** Your assignment **
Give again, word for word, each line below starting at the one that contains "-- An entry" and ending at the one that contains "sort_paths (p ∷".

┄┄┄┄┄┄

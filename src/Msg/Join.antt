-- ===== src/Msg/Join.antt =====
-- src/ipc_lib.rs: `IpcJoinSubnetMsg`, before and after the subnet is bootstrapped.
pub mod Bootstrap
pub mod Numbered
use bitcoin_ipc.Prelude.{
  ℕ, ◌+◌, Bool, true, false, not, Option, none, some, List, [], ◌∷◌, ◌++◌, any, ltb, ◌==◌,
  if◌then◌else◌,
}
use bitcoin_ipc.Result.{
  Result, ok, err, ◌>>=◌, ◌>>◌, fail_if, ok_or, subnet_not_found, subnet_id_mismatch, subnet_killed,
  collateral_too_low, not_whitelisted, already_registered, already_waiting,
}
use bitcoin_ipc.Types.{Env, SubnetId, XOnlyPublicKey, Address, Txid, BlockHash, Amount}
use bitcoin_ipc.Multisig.{collateral_to_power}
use bitcoin_ipc.Committee.{
  SubnetValidator, SubnetCommittee, is_member, is_validator, join_new_validator,
}
use bitcoin_ipc.Subnet.{
  SubnetState, SubnetGenesisInfo, is_killed_or_pending, is_some_and, is_waiting_validator,
  latest_committee, enough_to_bootstrap, to_subnet,
}
use bitcoin_ipc.Records.{StakeChangeRequest, StakingChange, deposit, join}
use bitcoin_ipc.Db.{
  Db, get_subnet_genesis_info, save_subnet_genesis_info, get_subnet_state, save_subnet_state,
  save_committee,
}
use bitcoin_ipc.Db.StakeChanges.{get_next_stake_change_configuration_number, add_stake_change}

pub record IpcJoinSubnetMsg : Type 0 where
  pub subnet_id : SubnetId
  pub collateral : Amount
  pub ip : ℕ
  pub backup_address : Address
  pub pubkey : XOnlyPublicKey

unfoldable pub contains_key : XOnlyPublicKey → List XOnlyPublicKey → Bool
contains_key key keys = any (λ k. k == key) keys

unfoldable pub validate_pre_bootstrap : IpcJoinSubnetMsg → SubnetGenesisInfo → Result (Unit {0})
validate_pre_bootstrap m g = do
  fail_if (ltb m.collateral g.create_subnet_msg.min_validator_stake) collateral_too_low
  fail_if (not (contains_key m.pubkey g.create_subnet_msg.whitelist)) not_whitelisted
  fail_if (is_member m.pubkey g.genesis_validators) already_registered

unfoldable pub validate_post_bootstrap :
    IpcJoinSubnetMsg → SubnetGenesisInfo → SubnetState → Result (Unit {0})
validate_post_bootstrap m g s = do
  fail_if (is_killed_or_pending s) subnet_killed
  fail_if (ltb m.collateral g.create_subnet_msg.min_validator_stake) collateral_too_low
  fail_if (is_validator s.committee m.pubkey) already_registered
  fail_if (is_waiting_validator s m.pubkey) already_waiting

unfoldable pub validate_join :
    IpcJoinSubnetMsg → SubnetGenesisInfo → Option SubnetState → Result (Unit {0})
validate_join m g none = validate_pre_bootstrap m g
validate_join m g (some s) =
    fail_if (not (s.id == m.subnet_id)) subnet_id_mismatch >> validate_post_bootstrap m g s

-- The two stake changes of a join differ in their content and number.
unfoldable pub join_change :
    Env
    → IpcJoinSubnetMsg
    → SubnetCommittee
    → StakingChange
    → ℕ
    → ℕ
    → BlockHash
    → Txid
    → StakeChangeRequest
join_change env m next change number height hash txid = record {
  change = change;
  validator_xpk = m.pubkey;
  validator_subnet_address = env.eth_address m.pubkey;
  configuration_number = number;
  committee_after_change = next;
  block_height = height;
  block_hash = hash;
  checkpoint_block_height = none;
  checkpoint_block_hash = none;
  txid = txid;
}

unfoldable pub join_bootstrapped :
    Env
    → IpcJoinSubnetMsg
    → Db
    → SubnetState
    → SubnetValidator
    → ℕ
    → BlockHash
    → Txid
    → Result (Option SubnetState × Db)
join_bootstrapped env m db s v height hash txid = do
  fail_if (is_validator s.committee m.pubkey) already_registered
  fail_if (is_validator (latest_committee s) m.pubkey) already_waiting
  next ← join_new_validator env (latest_committee s) s.id v
  let number = get_next_stake_change_configuration_number db m.subnet_id
  let db = save_subnet_state db m.subnet_id (record s { waiting_committee = some next })
  let db =
      add_stake_change db m.subnet_id
        (join_change env m next (join m.pubkey) number height hash txid)
  ok (
    none,
    add_stake_change db m.subnet_id
        (join_change env m next (deposit m.collateral) (number + 1) height hash txid),
  )

-- The subnet comes to life once enough validators have joined.
unfoldable pub join_genesis :
    Env
    → IpcJoinSubnetMsg
    → Db
    → SubnetGenesisInfo
    → SubnetValidator
    → ℕ
    → Result (Option SubnetState × Db)
join_genesis env m db g v height =
    let joined : SubnetGenesisInfo = record g {
      genesis_validators = g.genesis_validators ++ v ∷ [];
    } in
    if enough_to_bootstrap joined
    then (do
      let info = record joined { bootstrapped = true; genesis_block_height = some height }
      s ← to_subnet env info
      let db = save_subnet_state db m.subnet_id s
      let db = save_subnet_genesis_info db m.subnet_id info
      ok (some s, save_committee db m.subnet_id s.committee_number s.committee))
    else ok (none, save_subnet_genesis_info db m.subnet_id joined)

unfoldable pub join_subnet :
    Env
    → IpcJoinSubnetMsg
    → Db
    → SubnetGenesisInfo
    → Option SubnetState
    → SubnetValidator
    → ℕ
    → BlockHash
    → Txid
    → Result (Option SubnetState × Db)
join_subnet env m db g (some s) v height hash txid = join_bootstrapped env m db s v height hash txid
join_subnet env m db g none v height hash txid = join_genesis env m db g v height

unfoldable pub save_join :
    Env → IpcJoinSubnetMsg → Db → ℕ → BlockHash → Txid → Result (Option SubnetState × Db)
save_join env m db height hash txid = do
  g ← ok_or (get_subnet_genesis_info db m.subnet_id) subnet_not_found
  validate_join m g (get_subnet_state db m.subnet_id)
  power ← collateral_to_power m.collateral g.create_subnet_msg.min_validator_stake
  let v : SubnetValidator = record {
    pubkey = m.pubkey;
    subnet_address = env.eth_address m.pubkey;
    power = power;
    collateral = m.collateral;
    backup_address = m.backup_address;
    ip = m.ip;
    join_txid = txid;
  }
  join_subnet env m db g (get_subnet_state db m.subnet_id) v height hash txid
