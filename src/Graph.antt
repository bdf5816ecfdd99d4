-- ===== src/Graph.antt =====
-- graph.py: the dependency graph and its validation. The source of an edge is what its target
-- depends on. An attribute's value is a `str`, a float, an integer or a Boolean, of which the code
-- reads only what `str` makes of it.
pub mod Unvisited
mod Paths
use continuityos.Prelude.{
  String, str_eq, List, [], ◌∷◌, Bool, true, false, ◌&&◌, Option, none, some, any, map,
  if◌then◌else◌,
}
use continuityos.Domain.{GeoPoint}

pub data NodeType : Type 0 where
  corridor port airfield vessel icebreaker fuel power inventory satcom : NodeType
  terrestrial_network identity_provider cloud_service port_ot data_feed supplier : NodeType
  carrier community facility rail_hub pipeline mine_or_refinery manufacturing_plant : NodeType
  intermodal_terminal customs_border strategic_stockpile subsea_cable : NodeType
  permafrost_corridor seabed_sensor microwave_relay satellite_uplink : NodeType

pub data DependencyKind : Type 0 where
  requires transports authenticates powers connects supplies validates refines : DependencyKind
  manufactures clears_customs subsea_connects traverses_permafrost : DependencyKind
  relays_microwave : DependencyKind

-- A value, by what `str(value)` gives.
pub record AttributeValue : Type 0 where
  pub str : String

pub record DependencyNode (F : Type 0) : Type 0 where
  pub node_id : String
  pub name : String
  pub node_type : NodeType
  pub criticality : F
  pub provider_id : Option String
  pub location : Option (GeoPoint F)
  pub attributes : List (String × AttributeValue)

pub record DependencyEdge (F : Type 0) : Type 0 where
  pub source : String
  pub target : String
  pub kind : DependencyKind
  pub dependency_strength : F
  pub substitutable : Bool
  pub substitute_group : Option String

pub record DependencyGraph (F : Type 0) : Type 0 where
  pub graph_id : String
  pub nodes : List (DependencyNode F)
  pub edges : List (DependencyEdge F)

pub data GraphError : Type 0 where
  duplicate_node_ids : GraphError
  unknown_node : String → String → GraphError

-- `x in ids`
unfoldable pub among : String → List String → Bool
among x ids = any (str_eq x) ids

abbrev pub ids_of : {F : Type 0} → List (DependencyNode F) → List String
ids_of nodes = map (λ n. n.node_id) nodes

-- len(set(ids)) != len(ids)
unfoldable pub has_duplicate : List String → Bool
unfolding among
has_duplicate [] = false
has_duplicate (x ∷ ids) = let rest = has_duplicate ids in if among x ids then true else rest

unfoldable pub unknown_edge :
    {F : Type 0} → List String → List (DependencyEdge F) → Option GraphError
unfolding among
unknown_edge ids [] = none
unknown_edge ids (e ∷ es) =
    let rest = unknown_edge ids es in
    if among e.source ids && among e.target ids then rest else some (unknown_node e.source e.target)

-- The error that a graph is refused with, if any.
unfoldable pub validate_references : {F : Type 0} → DependencyGraph F → Option GraphError
unfolding has_duplicate unknown_edge
validate_references graph =
    if has_duplicate (ids_of graph.nodes)
    then some duplicate_node_ids
    else unknown_edge (ids_of graph.nodes) graph.edges
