-- ===== src/Graph/Paths.antt =====
-- graph.py: `find_alternative_paths`. The stack's top is the head of a list, and `outgoing` is read from
-- the edges. The loop counts its rounds, and `none` means that they ran out.
mod Stack
mod Routes
mod Explore
mod Simple
mod Sorted
mod Found
mod Examples
use continuityos.Prelude.{
  ℕ, zero, suc, String, str_eq, List, [], ◌∷◌, ◌++◌, Bool, not, ◌&&◌, Option, none, some, length,
  leb, if◌then◌else◌,
}
use continuityos.Graph.{DependencyEdge, DependencyGraph, among}

-- An entry of the stack: a path, its last node and its set of nodes.
pub record Partial : Type 0 where
  pub current : String
  pub path : List String
  pub visited : List String

abbrev pub extended : Partial → String → Partial
extended item target = record {
  current = target;
  path = item.path ++ target ∷ [];
  visited = target ∷ item.visited;
}

abbrev pub is_open : List String → Partial → String → Bool
is_open failed item target = not (among target item.visited) && not (among target failed)

-- The loop over the edges of `outgoing`, which are those of `edges` whose source is current.
unfoldable pub push_edges :
    {F : Type 0} → List String → Partial → List (DependencyEdge F) → List Partial → List Partial
unfolding among
push_edges failed item [] stack = stack
push_edges failed item (e ∷ es) stack = push_edges failed item es (
    if str_eq e.source item.current && is_open failed item e.target
    then extended item e.target ∷ stack
    else stack)

-- The loop over the stack.
unfoldable pub walk_stack :
    {F : Type 0}
    → List (DependencyEdge F)
    → String
    → List String
    → ℕ
    → List Partial
    → List (List String)
    → Option (List (List String))
unfolding push_edges
walk_stack edges target failed zero stack paths = none
walk_stack edges target failed (suc rounds) [] paths = some paths
walk_stack edges target failed (suc rounds) (item ∷ stack) paths =
    let arrived = str_eq item.current target in
    walk_stack edges target failed rounds
      (if arrived then stack else push_edges failed item edges stack)
      (if arrived then paths ++ item.path ∷ [] else paths)

-- sorted(paths, key=len), which is stable
unfoldable pub insert_path : List String → List (List String) → List (List String)
insert_path p [] = p ∷ []
insert_path p (q ∷ qs) =
    let rest = insert_path p qs in if leb (length p) (length q) then p ∷ q ∷ qs else q ∷ rest

unfoldable pub sort_paths : List (List String) → List (List String)
unfolding insert_path
sort_paths [] = []
sort_paths (p ∷ ps) = insert_path p (sort_paths ps)

abbrev pub sorted_paths : Option (List (List String)) → Option (List (List String))
sorted_paths none = none
sorted_paths (some paths) = some (sort_paths paths)

abbrev pub start_at : String → Partial
start_at source = record { current = source; path = source ∷ []; visited = source ∷ [] }

-- The search from `source` with so many rounds.
unfoldable pub find_alternative_paths :
    {F : Type 0}
    → ℕ
    → DependencyGraph F
    → String
    → String
    → List String
    → Option (List (List String))
unfolding walk_stack sort_paths
find_alternative_paths rounds graph source target failed =
    sorted_paths (walk_stack graph.edges target failed rounds (start_at source ∷ []) [])
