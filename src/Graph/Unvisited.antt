-- ===== src/Graph/Unvisited.antt =====
-- What the searches of graph.py and independence.py run out of: the nodes that were not visited.
use continuityos.Prelude.{
  ℕ, suc, ◌≤◌, String, str_eq, eq_iff, List, [], ◌∷◌, ◌++◌, true, false, ◌||◌, ◌≡◌, refl, subst,
  arith, length, any-append, if◌then◌else◌, Bool-cases, inl, inr,
}
use continuityos.Graph.{among}

pub among-cons : (x y : String) (ys : List String) → among x (y ∷ ys) ≡ (str_eq x y || among x ys)
unfolding among
among-cons x y ys = refl

pub among-append :
    (x : String) (xs ys : List String) → among x (xs ++ ys) ≡ (among x xs || among x ys)
unfolding among
among-append x xs ys = any-append (str_eq x) xs ys

pub not_among : (x : String) → among x [] ≡ false
unfolding among
not_among x = refl

-- How many of the names are not visited, with repetitions.
unfoldable pub unvisited : List String → List String → ℕ
unvisited [] v = 0
unvisited (n ∷ ns) v = let rest = unvisited ns v in if among n v then rest else suc rest

unvisited-nil : (v : List String) → unvisited [] v ≡ 0
unfolding unvisited
unvisited-nil v = refl

unvisited-cons :
    (n : String) (ns v : List String)
    → unvisited (n ∷ ns) v ≡ (if among n v then unvisited ns v else suc (unvisited ns v))
unfolding unvisited
unvisited-cons n ns v = refl

pub unvisited-length : (ns v : List String) → unvisited ns v ≤ length ns
unvisited-length [] v = ground (arith, unvisited-nil v)
unvisited-length (n ∷ ns) v = ground (arith, unvisited-cons n ns v, unvisited-length ns v)

pub unvisited-grows :
    (ns v v' : List String)
    → ((y : String) → among y v ≡ true → among y v' ≡ true)
    → unvisited ns v' ≤ unvisited ns v
unvisited-grows [] v v' g = ground (arith, unvisited-nil v, unvisited-nil v')
unvisited-grows (n ∷ ns) v v' g =
    ground (arith, unvisited-cons n ns v, unvisited-cons n ns v', unvisited-grows ns v v' g, g n)

-- A visit of one of the names that was not visited leaves fewer.
pub unvisited-fewer :
    (ns : List String) (node : String) (v : List String)
    → among node ns ≡ true
    → among node v ≡ false
    → suc (unvisited ns (node ∷ v)) ≤ unvisited ns v
unvisited-fewer [] node v s a = ground (arith, not_among node)
unvisited-fewer (n ∷ ns) node v s a = elim (Bool-cases (str_eq node n)) [
  | inl e ↦
      let less = unvisited-grows ns v (node ∷ v) (λ y h. ground (arith, among-cons y node v)) in
      let same : node ≡ n = ground (arith, eq_iff node n) in
      let old : among n v ≡ false = subst (λ m. among m v ≡ false) same a in
      ground (
        arith,
        unvisited-cons n ns v,
        unvisited-cons n ns (node ∷ v),
        among-cons n node v,
        eq_iff n node,
        same,
      )
  | inr e ↦
      let less = unvisited-fewer ns node v (ground (arith, among-cons node n ns)) a in
      ground (
        arith,
        unvisited-cons n ns v,
        unvisited-cons n ns (node ∷ v),
        among-cons n node v,
        eq_iff n node,
        eq_iff node n,
      )
]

┄┄┄┄┄┄

** Task solution **
-- An entry of the stack: a path, its last node and its set of nodes.
pub record Partial : Type 0 where
  pub current : String
  pub path : List String
  pub visited : List String

abbrev pub extended : Partial → String → Partial
extended item target = record {
  current = target;
  path = item.path ++ target ∷ [];
  visited = target ∷ item.visited;
}

abbrev pub is_open : List String → Partial → String → Bool
is_open failed item target = not (among target item.visited) && not (among target failed)

-- The loop over the edges of `outgoing`, which are those of `edges` whose source is current.
unfoldable pub push_edges :
    {F : Type 0} → List String → Partial → List (DependencyEdge F) → List Partial → List Partial
unfolding among
push_edges failed item [] stack = stack
push_edges failed item (e ∷ es) stack = push_edges failed item es (
    if str_eq e.source item.current && is_open failed item e.target
    then extended item e.target ∷ stack
    else stack)

-- The loop over the stack.
unfoldable pub walk_stack :
    {F : Type 0}
    → List (DependencyEdge F)
    → String
    → List String
    → ℕ
    → List Partial
    → List (List String)
    → Option (List (List String))
unfolding push_edges
walk_stack edges target failed zero stack paths = none
walk_stack edges target failed (suc rounds) [] paths = some paths
walk_stack edges target failed (suc rounds) (item ∷ stack) paths =
    let arrived = str_eq item.current target in
    walk_stack edges target failed rounds
      (if arrived then stack else push_edges failed item edges stack)
      (if arrived then paths ++ item.path ∷ [] else paths)

-- sorted(paths, key=len), which is stable
unfoldable pub insert_path : List String → List (List String) → List (List String)
insert_path p [] = p ∷ []
insert_path p (q ∷ qs) =
    let rest = insert_path p qs in if leb (length p) (length q) then p ∷ q ∷ qs else q ∷ rest

unfoldable pub sort_paths : List (List String) → List (List String)
unfolding insert_path
sort_paths [] = []
sort_paths (p ∷ ps) = insert_path p (sort_paths ps)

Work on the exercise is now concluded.